Hello from Atlanta.
Actually, I'm writing from Cobb County, the proposed future home of the Atlanta Braves. Thus, I'm not talking about the Atlanta that most of Creative Loafing's readers identify with — the one that remains well within the confines of I-285. I'm talking about the part of Georgia where roughly 5.5 million of the state's almost 10 million residents identify with as home. "Atlanta."
The Braves' surprise announcement about the move led intown Atlantans to make a far more liberal interpretation of their home, which caught most outside the Perimeter off guard. There are clearly hurt feelings and ill will from those who live in the real "Atlanta." There have been "unfortunate" statements by some who live outside the city limits and enjoy using the urban core as a whipping post.
But the decision by the Braves, whether or not it comes to fruition, gives us an opportunity to assess where "Atlanta" stands. We are a city that has actually become a region. Cobb's acceptance of the ball club shows that the suburb, and those who live in it, has the capability and resources to act as an equal to the city's core. With this awareness also comes responsibility.
Suburbanites know and understand that "Atlanta" is our brand and, as such, our economic engine. To keep it running smoothly requires proper planning and regular maintenance. Cobb will now likely take on a higher profile role in these areas. And that might involve actually — gulp — linking with Atlanta via an honest-to-goodness transit route.
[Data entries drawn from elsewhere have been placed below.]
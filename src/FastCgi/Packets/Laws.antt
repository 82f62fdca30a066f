-- ===== src/FastCgi/Packets/Laws.antt =====
-- A request that a web server writes, through processPacket of Cutelyst/Server/protocolfastcgi.cpp.
use cutelyst.Common.{
  ℕ, suc, ◌+◌, ◌-◌, ◌<◌, ◌==◌, Bytes, List, [], ◌∷◌, ◌++◌, true, false, ltb, Option, none, some,
  length, min, All, ◌≡◌, refl, ap, ◌∙◌, arith, append_assoc, take-of-le, length-append,
  take-length-append,
}
use cutelyst.Common.Int.{ℤ}
use cutelyst.FastCgi.Params.{Readers, Params, note_param}
use cutelyst.FastCgi.Params.Lengths.{encode_length, length-encode_length}
use cutelyst.FastCgi.Params.RoundTrip.{
  encode_pairs, cost, size_of, IsPair, note_pairs, parse_headers-encode_pairs,
}
use cutelyst.FastCgi.Packets.{
  Connection, Server, wsgi_again, after_record, content_length, write_body, opened, other_record,
  stdin_record, take_record, process_packet,
}
use cutelyst.FastCgi.Records.{zeros}
use cutelyst.FastCgi.Packets.Written.{
  record_text, content_length-record_text, shift-record_text, process_packet-record,
}

encode_pairs-append :
    (pairs : List (Bytes × Bytes)) (rest more : Bytes)
    → encode_pairs pairs rest ++ more ≡ encode_pairs pairs (rest ++ more)
encode_pairs-append [] rest more = refl
encode_pairs-append ((key, value) ∷ pairs) rest more =
    let k = encode_length (length key) in
    let v = encode_length (length value) in
    let tail = encode_pairs pairs rest in
    append_assoc k (v ++ (key ++ (value ++ tail))) more
    ∙ ap (λ (t : Bytes). k ++ t)
        (append_assoc v (key ++ (value ++ tail)) more
          ∙ ap (λ (t : Bytes). v ++ t)
              (append_assoc key (value ++ tail) more
                ∙ ap (λ (t : Bytes). key ++ t)
                    (append_assoc value tail more
                      ∙ ap (λ (t : Bytes). value ++ t) (encode_pairs-append pairs rest more))))

pub length-encode_pairs :
    (pairs : List (Bytes × Bytes)) → length (encode_pairs pairs []) ≡ size_of pairs
length-encode_pairs [] = refl
length-encode_pairs ((key, value) ∷ pairs) =
    let k = encode_length (length key) in
    let v = encode_length (length value) in
    let tail = encode_pairs pairs [] in
    omega (
      arith,
      length-append {0} k (v ++ (key ++ (value ++ tail))),
      length-append {0} v (key ++ (value ++ tail)),
      length-append {0} key (value ++ tail),
      length-append {0} value tail,
      length-encode_pairs pairs,
      length-encode_length (length key),
      length-encode_length (length value),
    )

-- What a web server sends of a request after its BEGIN_REQUEST: parameters and pieces of the body.
pub data Record : Type 0 where
  params : List (Bytes × Bytes) → ℕ → Record
  input : Bytes → ℕ → Record

abbrev pub text_of : ℕ → Record → Bytes → Bytes
text_of id (params pairs pad) rest = record_text 4 id (encode_pairs pairs []) pad rest
text_of id (input bytes pad) rest = record_text 5 id bytes pad rest

abbrev pub cost_of : Record → ℕ
cost_of (params pairs pad) = cost pairs
cost_of (input bytes pad) = 0

abbrev pub IsRecord : Record → Type 0
IsRecord (params pairs pad) = All IsPair pairs × (size_of pairs < 0x10000)
IsRecord (input bytes pad) = (0 < length bytes) × (length bytes < 0x10000)

-- Bodies can be made, and take what is written.
abbrev pub TakesBodies : Server → Type 0
TakesBodies server =
    ((n : ℤ) → server.can_create_body n ≡ true)
    × ((body : Bytes) (n : ℕ) → server.body_takes body n ≡ n)

abbrev pub body_of : Option Bytes → Bytes
body_of none = []
body_of (some body) = body

opened-body :
    (server : Server) (c : Connection) (b : Option Bytes)
    → TakesBodies server
    → c.body ≡ b
    → opened server c ≡ some (body_of b)
opened-body server c none (made, takes) e = rw (e, opened) (rw (made c.request.content_length) refl)
opened-body server c (some body) (made, takes) e = rw (e, opened) refl

pub note_pairs-pktsize :
    (qt : Readers) (pairs : List (Bytes × Bytes)) (p : Params)
    → (note_pairs qt pairs p).pktsize ≡ p.pktsize + cost pairs
note_pairs-pktsize qt [] p = omega arith
note_pairs-pktsize qt ((key, value) ∷ pairs) p = omega (
  arith,
  note_pairs-pktsize qt pairs (record {
    head = note_param qt key (length key) value p.head;
    pktsize = p.pktsize + (length key + length value + 4);
  }),
)

module _ (server : Server) where
  -- The request after a record.
  abbrev pub effect : Record → Connection → Connection
  effect (params pairs pad) c =
      let p = note_pairs server.qt pairs (record { head = c.request; pktsize = c.pktsize }) in
      record c { request = p.head; pktsize = p.pktsize }
  effect (input bytes pad) c = record c { body = some (body_of c.body ++ bytes) }

  pub take_record-params :
      (id : ℕ) (pairs : List (Bytes × Bytes)) (pad : ℕ) (rest behind : Bytes) (c : Connection)
      → IsRecord (params pairs pad)
      → c.pktsize + cost pairs < server.buffer_size
      → c.pktsize + cost pairs < 0x10000
      → let at = record c { buffer = text_of id (params pairs pad) rest; behind = behind } in
        take_record server at ≡ wsgi_again (effect (params pairs pad) at)
  unfolding take_record other_record
  take_record-params id pairs pad rest behind c (hp, hs) room small =
      let content = encode_pairs pairs [] in
      let filled = zeros pad ++ rest in
      let size = length-encode_pairs pairs in
      let len : content_length (record_text 4 id content pad rest) ≡ size_of pairs =
        content_length-record_text 4 id content pad rest (omega (arith, size)) ∙ size in
      let memory : (content ++ filled) ++ behind ≡ encode_pairs pairs (filled ++ behind) =
        append_assoc content filled behind ∙ encode_pairs-append pairs [] (filled ++ behind) in
      let read =
        parse_headers-encode_pairs server.qt server.buffer_size pairs (filled ++ behind)
          (record { head = c.request; pktsize = c.pktsize }) hp hs room small in
      rw (len) (rw (memory) (rw (read) refl))

  pub write_body-whole :
      (bytes : Bytes) (c : Connection)
      → TakesBodies server
      → write_body server bytes c ≡ (record c { body = some (body_of c.body ++ bytes) }, true)
  unfolding write_body
  write_body-whole bytes c (made, takes) =
      let body = body_of c.body in
      let open_ = opened-body server c c.body (made, takes) refl in
      let all = takes body (length bytes) in
      let same : (length bytes == length bytes) ≡ true = ground arith in
      rw (open_, write_body)
        (rw (all) (rw (take-of-le (length bytes) bytes (omega arith), same) refl))

  pub take_record-input :
      (id : ℕ) (bytes : Bytes) (pad : ℕ) (rest behind : Bytes) (c : Connection)
      → IsRecord (input bytes pad)
      → TakesBodies server
      → let at = record c { buffer = text_of id (input bytes pad) rest; behind = behind } in
        take_record server at ≡ wsgi_again (effect (input bytes pad) at)
  unfolding take_record stdin_record
  take_record-input id bytes pad rest behind c (some_byte, hb) takes =
      let at = record c { buffer = text_of id (input bytes pad) rest; behind = behind } in
      let len : content_length (record_text 5 id bytes pad rest) ≡ length bytes =
        content_length-record_text 5 id bytes pad rest hb in
      let filled = zeros pad ++ rest in
      let taken : min (length (record_text 5 id bytes pad rest) - 8) (length bytes) ≡ length bytes =
        ground (arith, length-append bytes filled) in
      let enough : ltb (length (record_text 5 id bytes pad rest) - 8) (length bytes) ≡ false =
        ground (arith, length-append bytes filled) in
      let more : (length bytes == 0) ≡ false = ground arith in
      rw (len) (
        rw (more) (
          rw (taken) (
            rw (take-length-append bytes filled)
              (rw (write_body-whole bytes at takes) (rw (enough) refl)))))

  -- A whole record is worked on and moved away.
  pub process_packet-step :
      (fuel type_ id : ℕ) (content : Bytes) (pad : ℕ) (rest behind : Bytes) (c d : Connection)
      → id < 0x10000
      → length content < 0x10000
      → let buffer = record_text type_ id content pad rest in
        take_record server (record c { buffer = buffer; behind = behind; stream_id = id })
          ≡ wsgi_again (record d { buffer = buffer; behind = behind })
        → (behind' : Bytes) × (process_packet server
              (suc fuel)
              (record c { buffer = buffer; behind = behind })
            ≡ process_packet server fuel (record d { buffer = rest; behind = behind' }))
  unfolding after_record
  process_packet-step fuel type_ id content pad rest behind c d hi hc e =
      let round = process_packet-record server fuel type_ id content pad rest behind c _ hi hc e in
      let (behind', moved_away) = shift-record_text type_ id content pad rest behind d hc in
      (behind', round ∙ rw (moved_away) refl)
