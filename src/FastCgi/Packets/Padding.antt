-- ===== src/FastCgi/Packets/Padding.antt =====
-- A STDIN record of which the padding is still on its way, in processPacket of
-- Cutelyst/Server/protocolfastcgi.cpp.
use cutelyst.Common.{
  ℕ, suc, ◌+◌, ◌-◌, ◌*◌, ◌/◌, ◌%◌, ◌<◌, ◌==◌, Bytes, ◌∷◌, ◌++◌, true, false, some, ltb, length, min,
  ◌≡◌, refl, arith, length-append, take-length-append,
}
use cutelyst.FastCgi.Packets.{
  Connection, Server, wsgi_again, undefined, after_record, content_length, all_length, stdin_record,
  take_record, process_packet,
}
use cutelyst.FastCgi.Packets.Laws.{TakesBodies, body_of, write_body-whole}

-- All of the content, and `part` of `pad` bytes of padding.
abbrev pub cut_text : ℕ → Bytes → ℕ → Bytes → Bytes
cut_text id content pad part =
    1
    ∷ 5
    ∷ (id / 0x100 % 0x100)
    ∷ (id % 0x100)
    ∷ (length content / 0x100 % 0x100)
    ∷ (length content % 0x100)
    ∷ pad
    ∷ 0
    ∷ (content ++ part)

take_record-cut :
    (server : Server) (id : ℕ) (content : Bytes) (pad : ℕ) (part behind : Bytes) (c : Connection)
    → TakesBodies server
    → 0 < length content
    → length content < 0x10000
    → let at = record c { buffer = cut_text id content pad part; behind = behind } in
      take_record server at ≡ wsgi_again (record at { body = some (body_of c.body ++ content) })
unfolding take_record stdin_record
take_record-cut server id content pad part behind c takes some_byte hc =
    let buffer = cut_text id content pad part in
    let at = record c { buffer = buffer; behind = behind } in
    let size = length-append content part in
    let len : content_length buffer ≡ length content = ground arith in
    let more : (length content == 0) ≡ false = ground arith in
    let taken : min (length buffer - 8) (length content) ≡ length content = ground (arith, size) in
    let enough : ltb (length buffer - 8) (length content) ≡ false = ground (arith, size) in
    let written = write_body-whole server content at takes in
    rw (len) (
      rw (more)
        (rw (taken) (rw (take-length-append content part) (rw (written) (rw (enough) refl)))))

-- Where the content of a STDIN record is there and its padding is not, processPacket moves a negative
-- number of bytes.
pub process_packet-undefined :
    (server : Server) (fuel id : ℕ) (content : Bytes) (pad : ℕ) (part behind : Bytes)
    (c : Connection)
    → TakesBodies server
    → 0 < length content
    → length content < 0x10000
    → length part < pad
    → process_packet server
        (suc fuel)
        (record c { buffer = cut_text id content pad part; behind = behind })
      ≡ undefined
unfolding process_packet after_record
process_packet-undefined server fuel id content pad part behind c takes some_byte hc cut =
    let buffer = cut_text id content pad part in
    let here = record c { stream_id = id % 0x100 + id / 0x100 % 0x100 * 0x100 } in
    let size = length-append content part in
    let long : ltb (length buffer) 8 ≡ false = ground (arith, size) in
    let short : ltb (length buffer) (all_length buffer) ≡ true = ground (arith, size) in
    let taken = take_record-cut server id content pad part behind here takes some_byte hc in
    rw (long, process_packet) (rw (taken) (rw (short) refl))
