-- ===== src/FastCgi/Packets/Whole.antt =====
-- A request that comes whole, from its BEGIN_REQUEST to the end of its input, through processPacket of
-- Cutelyst/Server/protocolfastcgi.cpp.
use cutelyst.Common.{
  ℕ, zero, suc, ◌+◌, ◌<◌, Bytes, List, [], ◌∷◌, Bool, true, false, if◌then◌else◌, length, All, ◌≡◌,
  refl, ◌∙◌, arith,
}
use cutelyst.Common.Int.{negsuc}
use cutelyst.Http.Requests.{keep, close}
use cutelyst.Http.Parse.{method_line}
use cutelyst.FastCgi.Params.RoundTrip.{encode_pairs}
use cutelyst.FastCgi.Packets.{
  Connection, Server, Packet, wsgi_ok, wsgi_again, after_record, begin_request, other_record,
  take_record, process_packet,
}
use cutelyst.FastCgi.Packets.Written.{record_text, shift-record_text, process_packet-record}
use cutelyst.FastCgi.Packets.Laws.{
  Record, params, input, text_of, cost_of, IsRecord, TakesBodies, effect, take_record-params,
  take_record-input, process_packet-step, note_pairs-pktsize, length-encode_pairs,
}

-- The records of a request, and the empty STDIN record that ends it.
abbrev pub texts : ℕ → List Record → ℕ → Bytes → Bytes
texts id [] last_pad rest = record_text 5 id [] last_pad rest
texts id (r ∷ records) last_pad rest = text_of id r (texts id records last_pad rest)

abbrev pub total : List Record → ℕ
total [] = 0
total (r ∷ records) = cost_of r + total records

-- The content of a BEGIN_REQUEST record of a responder.
abbrev pub begin_body : Bool → Bytes
begin_body keep_conn = 0 ∷ 1 ∷ (if keep_conn then 1 else 0) ∷ 0 ∷ 0 ∷ 0 ∷ 0 ∷ 0 ∷ []

abbrev pub request_text : ℕ → Bool → List Record → ℕ → Bytes → Bytes
request_text id keep_conn records last_pad rest =
    record_text 1 id (begin_body keep_conn) 0 (texts id records last_pad rest)

-- The connection when a request begins.
abbrev pub begun : ℕ → Bool → Connection → Connection
begun id keep_conn c = record c {
  stream_id = id;
  conn_state = method_line;
  request = record c.request {
    header_connection = if keep_conn then keep else close;
    content_length = negsuc 0;
    headers = [];
  };
}

module _ (server : Server) where
  abbrev pub effects : List Record → Connection → Connection
  effects [] c = c
  effects (r ∷ records) c = effects records (effect server r c)

  -- What is left when processPacket returns: the bytes behind the request.
  abbrev pub Ends : Packet → Connection → Bytes → Type 0
  Ends packet c rest =
      (behind : Bytes) × (packet ≡ wsgi_ok (record c { buffer = rest; behind = behind }))

  take_record-last :
      (id last_pad : ℕ) (rest behind : Bytes) (c : Connection)
      → let at = record c { buffer = texts id [] last_pad rest; behind = behind } in
        take_record server at ≡ wsgi_ok at
  unfolding take_record
  take_record-last id last_pad rest behind c = refl

  process_packet-last :
      (fuel id last_pad : ℕ) (rest behind : Bytes) (c : Connection)
      → id < 0x10000
      → Ends
          (process_packet server
            (suc fuel)
            (record c { buffer = texts id [] last_pad rest; behind = behind }))
          (record c { stream_id = id })
          rest
  unfolding after_record
  process_packet-last fuel id last_pad rest behind c hi =
      let last = take_record-last id last_pad rest behind (record c { stream_id = id }) in
      let round =
        process_packet-record server fuel 5 id [] last_pad rest behind c _ hi (omega arith) last in
      let (behind', moved_away) =
        shift-record_text 5 id [] last_pad rest behind (record c { stream_id = id })
          (omega arith) in
      (behind', round ∙ rw (moved_away) refl)

  process_packet-records :
      (fuel id : ℕ) (records : List Record) (last_pad : ℕ) (rest behind : Bytes) (c : Connection)
      → id < 0x10000
      → All IsRecord records
      → TakesBodies server
      → c.pktsize + total records < server.buffer_size
      → c.pktsize + total records < 0x10000
      → length records < fuel
      → Ends
          (process_packet server fuel
            (record c { buffer = texts id records last_pad rest; behind = behind }))
          (effects records (record c { stream_id = id }))
          rest
  process_packet-records zero id records last_pad rest behind c hi h takes room small enough =
      absurd (omega arith)
  process_packet-records (suc fuel) id [] last_pad rest behind c hi h takes room small enough =
      process_packet-last fuel id last_pad rest behind c hi
  process_packet-records (suc fuel) id (params pairs pad ∷ records) last_pad rest behind c hi
        (hr, h) takes room small enough =
      let more = texts id records last_pad rest in
      let c' = record c { stream_id = id } in
      let d = effect server (params pairs pad) c' in
      let (behind', one) =
        process_packet-step server fuel 4 id (encode_pairs pairs []) pad more behind c d hi
          (omega (arith, length-encode_pairs pairs, hr.1))
          (take_record-params server id pairs pad more behind c' hr (omega arith) (omega arith)) in
      let size =
        note_pairs-pktsize server.qt pairs (record { head = c.request; pktsize = c.pktsize }) in
      let (last, ends) =
        process_packet-records fuel id records last_pad rest behind' d hi h takes
          (omega (arith, size)) (omega (arith, size)) (omega arith) in
      (last, one ∙ ends)
  process_packet-records (suc fuel) id (input bytes pad ∷ records) last_pad rest behind c hi (hr, h)
        takes room small enough =
      let more = texts id records last_pad rest in
      let c' = record c { stream_id = id } in
      let d = effect server (input bytes pad) c' in
      let (behind', one) =
        process_packet-step server fuel 5 id bytes pad more behind c d hi hr.1
          (take_record-input server id bytes pad more behind c' hr takes) in
      let (last, ends) =
        process_packet-records fuel id records last_pad rest behind' d hi h takes (omega arith)
          (omega arith) (omega arith) in
      (last, one ∙ ends)

  take_record-begin :
      (id : ℕ) (keep_conn : Bool) (rest behind : Bytes) (c : Connection)
      → let buffer = record_text 1 id (begin_body keep_conn) 0 rest in
        take_record server (record c { buffer = buffer; behind = behind; stream_id = id })
        ≡ wsgi_again (record (begun id keep_conn c) { buffer = buffer; behind = behind })
  unfolding take_record other_record begin_request
  take_record-begin id true rest behind c = refl
  take_record-begin id false rest behind c = refl

-- A request that comes whole is read to its end, whatever the padding of its records and however its
-- parameters and its body are cut into records: it has the connection that was asked for, each of
-- its parameters noted in their order, and the pieces of the body one behind the other. The bytes
-- behind it stay in the buffer.
pub process_packet-request :
    (server : Server) (fuel id : ℕ) (keep_conn : Bool) (records : List Record) (last_pad : ℕ)
    (rest behind : Bytes) (c : Connection)
    → id < 0x10000
    → All IsRecord records
    → TakesBodies server
    → c.pktsize + total records < server.buffer_size
    → c.pktsize + total records < 0x10000
    → length records < fuel
    → Ends server
        (process_packet server
          (suc fuel)
          (record c { buffer = request_text id keep_conn records last_pad rest; behind = behind }))
        (effects server records (begun id keep_conn c))
        rest
process_packet-request server fuel id keep_conn records last_pad rest behind c hi h takes room small
      enough =
    let more = texts id records last_pad rest in
    let d = begun id keep_conn c in
    let (behind', one) =
      process_packet-step server fuel 1 id (begin_body keep_conn) 0 more behind c d hi (omega arith)
        (take_record-begin server id keep_conn more behind c) in
    let (last, ends) =
      process_packet-records server fuel id records last_pad rest behind' d hi h takes room small
        enough in
    (last, one ∙ ends)
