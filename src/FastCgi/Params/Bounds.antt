-- ===== src/FastCgi/Params/Bounds.antt =====
-- What parseHeaders of Cutelyst/Server/protocolfastcgi.cpp reads of any record stays inside of it.
use cutelyst.Common.{
  ℕ, zero, suc, ◌+◌, ◌%◌, ◌<◌, ◌≤◌, Bytes, some, Bool-cases, Option-cases, inl, inr, ltb, ◌≡◌, ◌≢◌,
  refl, arith,
}
use cutelyst.FastCgi.Params.{
  Readers, Params, take_length, refused, out_of_fuel, Taken, taken, bad, take_pair, params_loop,
  parse_headers,
}

take_length-lt :
    (buf : Bytes) (len j n next : ℕ)
    → take_length buf len j ≡ some (n, next)
    → (j < next) × (next < len)
unfolding take_length
take_length-lt buf len j n next h = ground arith

-- The sum is computed in 32 bits, and what wraps around is refused by the tests behind it.
take_pair-le :
    (qt : Readers) (buffer_size : ℕ) (buf : Bytes) (len j keylen vallen next : ℕ) (p q : Params)
    → len < 0x10000
    → j < len
    → take_pair qt buffer_size buf len j keylen vallen p ≡ taken next q
    → (next ≡ j + (keylen + vallen)) × (next ≤ len)
unfolding take_pair
take_pair-le qt buffer_size buf len j keylen vallen next p q short inside h =
    let sum = (j + (keylen + vallen)) % 0x100000000 in
    elim (Bool-cases (ltb len sum)) [
      | inl e ↦ ground arith
      | inr e ↦ elim (Bool-cases (ltb 0xffff keylen)) [
        | inl e1 ↦ ground arith
        | inr e1 ↦ elim (Bool-cases (ltb 0xffff vallen)) [
          | inl e2 ↦ ground arith
          | inr e2 ↦ ground arith
        ]
      ]
    ]

module _ (qt : Readers) (buffer_size : ℕ) (buf : Bytes) (len : ℕ) (short : len < 0x10000) where
  abbrev Ends : ℕ → Type 0
  Ends fuel =
      (j : ℕ) (p : Params)
      → len < j + fuel
      → 0 < fuel
      → params_loop fuel qt buffer_size buf len j p ≢ out_of_fuel

  params_loop-taken :
      (fuel start j keylen vallen : ℕ) (p : Params) (t : Taken)
      → Ends fuel
      → take_pair qt buffer_size buf len j keylen vallen p ≡ t
      → start < j
      → j < len
      → len < start + suc fuel
      → elim t [ bad q ↦ refused q | taken next q ↦ params_loop fuel qt buffer_size buf len next q ]
        ≢ out_of_fuel
  params_loop-taken fuel start j keylen vallen p (bad q) ih e above inside enough = λ h. cc
  params_loop-taken fuel start j keylen vallen p (taken next q) ih e above inside enough =
      let (at, fits) =
        take_pair-le qt buffer_size buf len j keylen vallen next p q short inside e in
      ih next q (omega arith) (omega arith)

  params_loop-ne : (fuel : ℕ) → Ends fuel
  unfolding params_loop
  params_loop-ne zero j p enough some_fuel = absurd (omega arith)
  params_loop-ne (suc fuel) j p enough some_fuel = elim (Bool-cases (ltb j len)) [
    | inr e ↦ ground arith
    | inl e ↦ elim (Option-cases (take_length buf len j)) [
      | inl n ↦ ground arith
      | inr ((keylen, j1), one) ↦
          let (above1, inside1) = take_length-lt buf len j keylen j1 one in
          elim (Option-cases (take_length buf len j1)) [
            | inl n ↦ ground arith
            | inr ((vallen, j2), two) ↦
                let (above2, inside2) = take_length-lt buf len j1 vallen j2 two in
                rw (e, one, two, params_loop)
                  (params_loop-taken fuel j j2 keylen vallen p
                    (take_pair qt buffer_size buf len j2 keylen vallen p) (params_loop-ne fuel) refl
                    (omega arith) inside2 (omega arith))
          ]
    ]
  ]

-- parseHeaders ends on every record.
parse_headers-ne-out_of_fuel :
    (qt : Readers) (buffer_size : ℕ) (buf : Bytes) (len : ℕ) (p : Params)
    → len < 0x10000
    → parse_headers qt buffer_size buf len p ≢ out_of_fuel
unfolding parse_headers
parse_headers-ne-out_of_fuel qt buffer_size buf len p short =
    params_loop-ne qt buffer_size buf len short (suc len) 0 p (omega arith) (omega arith)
Cobb, now home to more than 700,000 Georgians, has foreseen a rapidly expanding population for some time. In the early 1990s, with only about 450,000 residents, the county's elected, civic, and business leaders were actively planning to not only accommodate its residential growth, but create infrastructure that could attract the types of industries that contribute to a healthy tax base while requiring minimal government services in return.
At the core of this plan was the creation of the Cumberland Community Improvement District. This self-taxing district has invested heavily in street infrastructure throughout the Cumberland Mall area. During rush hour, the area is easy to commute around. Intown residents would likely be shocked to know that the area is surprisingly walkable — even if the distance between most buildings demonstrates the definition of "suburban sprawl" — compared to other suburbs.
While the Cumberland area can handle vehicular traffic better than most parts of metro Atlanta, it lacks transit like the rest of the suburbs. Georgia Regional Transportation Authority and Cobb Community Transit express buses link the area to Downtown Atlanta and MARTA's network, but there isn't a direct rail connection. Voters most recently rejected this as part of last year's transportation sales tax.
Some residents are quite happy about that. Cobb GOP chairman Joe Dendy told the Marietta Daily Journal that future traffic solutions need to tackle the area's gridlocked primary arteries, which he described as a "nightmare for local commuters." He then unfortunately added that the solutions should be focused on cars traveling from the north and east parts of metro area to games, and "not moving people into Cobb by rail from Atlanta."
With that, the uneasy urban-suburban divide came into the forefront of the stadium debate. A large part of what Cobb leaders are asking its taxpayers to fund hinges on the question of whether the stadium belongs to the entire metro Atlanta region, or just to those who live to the north and to the east — an area where Braves officials say the bulk of their season ticket holders reside.
The business leaders who pay extra as part of the Cumberland CID certainly expect the wider region to continue to attend games. Taxpayers, assuming their leaders agree to the funding mechanism, should expect the same.
They also want intown Atlantans to bring their checkbooks, add to the county's tax digest, and further establish Cobb as a regional destination that people want to visit. Dendy's comments, reprinted in various publications as far reaching as The Economist, are clearly not helpful to that cause.
Meanwhile, Atlanta's inner core has been undergoing a renaissance with both business and residential development for decades. There is an established middle class living within the city. Suburbanites who doubt this need only look to traffic counts on Georgia 400 — many sections of the road designed to bring people to Atlanta for work have heavier morning traffic heading north. These folks tend to be younger, have a higher disposable income, and, regardless of race, are more open to transit. They are the Braves fans of the future that the team needs to cultivate today.
Rail from Atlanta to the Cumberland area in the short term remains prohibitively expensive. Instead, the Midtown-to-Cumberland corridor is likely to get a dedicated line of bus rapid transit — basically, a faster express bus service that rides on dedicated road lanes. It's cheaper to build and more flexible to change a route as development and rider patterns change — and, for some reason, the mode is more acceptable to conservatives. It's also a worthy step toward connecting Cobb with the rest of "Atlanta" as effectively as rail, but at a significantly reduced cost.
If the Braves' move to the suburbs happens, Cobb officials will make the deal knowing it benefits from being part of a large urban area. With that come responsibilities and related costs. How Cobb chooses to handle that, regardless of whether this deal ultimately works or not, will tell us if we all really live in "Atlanta" or not.